┏━━
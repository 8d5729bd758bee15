-- ===== src/Chromed/Payloads.antt =====
-- internal/chromed/protocol.go, the payloads. `OK` is the field `success`.
use vivary.Prelude.{
  not, get_or, ◌==◌, ◌||◌, Option, none, some, if◌then◌else◌, ℕ, ◌%◌, ◌^◌, List, [], ◌∷◌, ◌++◌, Str,
  Bool,
}
use vivary.Mus.{
  Parser, ◌>>=◌, pure, read_full, read_varint, read_string, append_varint, append_string,
}
use vivary.Mus.Flags.{bool_byte, byte_bool}

pub record AcquireRequest : Type 0 where
  pub agent_id : Str
  pub proxy_server : Str
  pub timeout_sec : ℕ
  pub headless : Bool

unfoldable pub marshal_acquire_request : AcquireRequest → List ℕ
marshal_acquire_request p =
    let b1 = append_string [] p.agent_id in
    let b2 = append_string b1 p.proxy_server in
    let b3 = append_varint b2 p.timeout_sec in b3 ++ (bool_byte p.headless ∷ [])

unfoldable pub unmarshal_acquire_request : Parser AcquireRequest
unmarshal_acquire_request = do
  agent_id ← read_string 128
  proxy_server ← read_string 1024
  timeout_sec_v ← read_varint
  headless_byte ← read_full 1
  pure (record {
    agent_id = agent_id;
    proxy_server = proxy_server;
    timeout_sec = timeout_sec_v % 2 ^ 32;
    headless = byte_bool headless_byte;
  })

pub record AcquireResponse : Type 0 where
  pub success : Bool
  pub debug_addr : Str
  pub profile_dir : Str
  pub error : Str

unfoldable pub marshal_acquire_response : AcquireResponse → List ℕ
marshal_acquire_response p =
    let b1 = [] ++ (bool_byte p.success ∷ []) in
    let b2 = append_string b1 p.debug_addr in
    let b3 = append_string b2 p.profile_dir in append_string b3 p.error

unfoldable pub unmarshal_acquire_response : Parser AcquireResponse
unmarshal_acquire_response = do
  success_byte ← read_full 1
  debug_addr ← read_string 256
  profile_dir ← read_string 4096
  error ← read_string 4096
  pure (record {
    success = byte_bool success_byte;
    debug_addr = debug_addr;
    profile_dir = profile_dir;
    error = error;
  })

pub record ReleaseRequest : Type 0 where
  pub agent_id : Str

unfoldable pub marshal_release_request : ReleaseRequest → List ℕ
marshal_release_request p = append_string [] p.agent_id

unfoldable pub unmarshal_release_request : Parser ReleaseRequest
unmarshal_release_request = do agent_id ← read_string 128; pure (record { agent_id = agent_id })

pub record ReleaseResponse : Type 0 where
  pub success : Bool
  pub error : Str

unfoldable pub marshal_release_response : ReleaseResponse → List ℕ
marshal_release_response p = let b1 = [] ++ (bool_byte p.success ∷ []) in append_string b1 p.error

unfoldable pub unmarshal_release_response : Parser ReleaseResponse
unmarshal_release_response = do
  success_byte ← read_full 1
  error ← read_string 4096
  pure (record { success = byte_bool success_byte; error = error })

pub record StatusRequest : Type 0 where
  pub agent_id : Str

unfoldable pub marshal_status_request : StatusRequest → List ℕ
marshal_status_request p = append_string [] p.agent_id

unfoldable pub unmarshal_status_request : Parser StatusRequest
unmarshal_status_request = do agent_id ← read_string 128; pure (record { agent_id = agent_id })

pub record StatusResponse : Type 0 where
  pub found : Bool
  pub running : Bool
  pub debug_addr : Str
  pub profile_dir : Str
  pub error : Str

unfoldable pub marshal_status_response : StatusResponse → List ℕ
marshal_status_response p =
    let b1 = bool_byte p.found ∷ bool_byte p.running ∷ [] in
    let b2 = append_string b1 p.debug_addr in
    let b3 = append_string b2 p.profile_dir in append_string b3 p.error

-- `fixed[1] != 0`
abbrev pub second_bool : Str → Bool
second_bool fixed = not (get_or fixed 1 0 == 0)

unfoldable pub unmarshal_status_response : Parser StatusResponse
unmarshal_status_response = do
  fixed ← read_full 2
  debug_addr ← read_string 256
  profile_dir ← read_string 4096
  error ← read_string 4096
  pure (record {
    found = byte_bool fixed;
    running = second_bool fixed;
    debug_addr = debug_addr;
    profile_dir = profile_dir;
    error = error;
  })

abbrev pub msg_type_acquire : ℕ
msg_type_acquire = 0x30

abbrev pub msg_type_release : ℕ
msg_type_release = 0x31

abbrev pub msg_type_status : ℕ
msg_type_status = 0x32

-- `ResponseTypeFor`: none is the error.
unfoldable pub response_type_for : ℕ → Option ℕ
response_type_for m =
    if m == msg_type_acquire || m == msg_type_release || m == msg_type_status then some m else none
┗━━
--- How to complete this task ---
Go through the data above and return each line containing the string "record".

--- Result below ---
pub record AcquireRequest : Type 0 where
  pure (record {
pub record AcquireResponse : Type 0 where
  pure (record {
pub record ReleaseRequest : Type 0 where
unmarshal_release_request = do agent_id ← read_string 128; pure (record { agent_id = agent_id })
pub record ReleaseResponse : Type 0 where
  pure (record { success = byte_bool success_byte; error = error })
pub record StatusRequest : Type 0 where
unmarshal_status_request = do agent_id ← read_string 128; pure (record { agent_id = agent_id })
pub record StatusResponse : Type 0 where
  pure (record {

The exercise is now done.